### RECORDED DATA ###

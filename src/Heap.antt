-- ===== src/Heap.antt =====
-- The objects of class `Contents` (src/xmlbeansxx/Contents.h, ContentsImpl.h) and the shared
-- pointers between them. A pointer is an address, the null pointer is `none`. An object is never
-- taken back here: `shared_ptr` frees one only when no pointer leads to it.
pub mod Laws
use xmlbeansxx.Prelude.{
  ℕ, ◌+◌, [], Option, none, some, Bool, true, false, ◌==◌, if◌then◌else◌, Text,
}
use xmlbeansxx.Dict.{ElemDict}

-- The class of an object: `Contents`, or `StringContents` with its text.
pub data Kind : Type 0 where
  plain : Kind
  text : Text → Kind

-- `st` is the address of the object's SchemaType.
pub record Node : Type 0 where
  pub attrs : ElemDict ℕ
  pub elems : ElemDict ℕ
  pub st : ℕ
  pub kind : Kind

pub record Heap : Type 0 where
  pub cell : ℕ → Option Node
  pub next : ℕ

-- A read through a null or wild pointer, the exceptions of the library and the one of
-- `std::string::substr`, and a recursion that is cut off by the number of calls it was allowed.
pub data Fault : Type 0 where
  bad_pointer : Fault
  illegal_state : Fault
  null_ptr_exception : Fault
  beans_exception : Fault
  not_implemented : Fault
  out_of_range : Fault
  too_deep : Fault
  xml_exception : Fault
  xml_parse_exception : Fault
  class_cast_exception : Fault

pub data Return (A : Type 0) : Type 0 where
  ok : A → Return A
  fault : Fault → Return A

-- A call returns a value or a fault, and leaves a heap in both cases.
abbrev pub M : Type 0 → Type 0
M A = Heap → Return A × Heap

abbrev pub and_then : {A B : Type 0} → Return A × Heap → (A → M B) → Return B × Heap
and_then (ok a, h) f = f a h
and_then (fault e, h) f = (fault e, h)

infixl 5 ◌>>=◌ ◌>>◌
abbrev pub ◌>>=◌ : {A B : Type 0} → M A → (A → M B) → M B
◌>>=◌ m f h = and_then (m h) f

abbrev pub ◌>>◌ : {A B : Type 0} → M A → M B → M B
m >> k = m >>= λ _. k

abbrev pub return : {A : Type 0} → A → M A
return a h = (ok a, h)

abbrev pub fail : {A : Type 0} → Fault → M A
fail e h = (fault e, h)

-- `p->…` for a shared pointer.
abbrev pub deref : Option ℕ → M ℕ
deref none = fail bad_pointer
deref (some p) = return p

abbrev pub node_of : Option Node → Heap → Return Node × Heap
node_of none h = (fault bad_pointer, h)
node_of (some n) h = (ok n, h)

abbrev pub load : ℕ → M Node
load p h = node_of (h.cell p) h

unfoldable pub update : (ℕ → Option Node) → ℕ → Node → ℕ → Option Node
update cell p n q = if p == q then some n else cell q

abbrev pub put_cell : Heap → ℕ → Node → Heap
put_cell h p n = record h { cell = update h.cell p n }

abbrev pub store : ℕ → Node → M (Unit {0})
store p n h = (ok tt, put_cell h p n)

-- `new`: the object stands at an address of its own.
abbrev pub alloc : Node → M ℕ
alloc n h = (ok h.next, record { cell = update h.cell h.next n; next = h.next + 1 })

abbrev pub plain_node : ℕ → Node
plain_node st = record { attrs = []; elems = []; st = st; kind = plain }

abbrev pub text_node : ℕ → Text → Node
text_node st value = record { attrs = []; elems = []; st = st; kind = text value }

###

Wherever the line holding "M A = Heap → Return A × Heap" falls in the entries above, copy exactly from it through the line holding "m >> k = m >>= λ _. k", inclusive, and add nothing.

▸ **SOLUTION TO THIS TASK**
M A = Heap → Return A × Heap

abbrev pub and_then : {A B : Type 0} → Return A × Heap → (A → M B) → Return B × Heap
and_then (ok a, h) f = f a h
and_then (fault e, h) f = (fault e, h)

infixl 5 ◌>>=◌ ◌>>◌
abbrev pub ◌>>=◌ : {A B : Type 0} → M A → (A → M B) → M B
◌>>=◌ m f h = and_then (m h) f

abbrev pub ◌>>◌ : {A B : Type 0} → M A → M B → M B
m >> k = m >>= λ _. k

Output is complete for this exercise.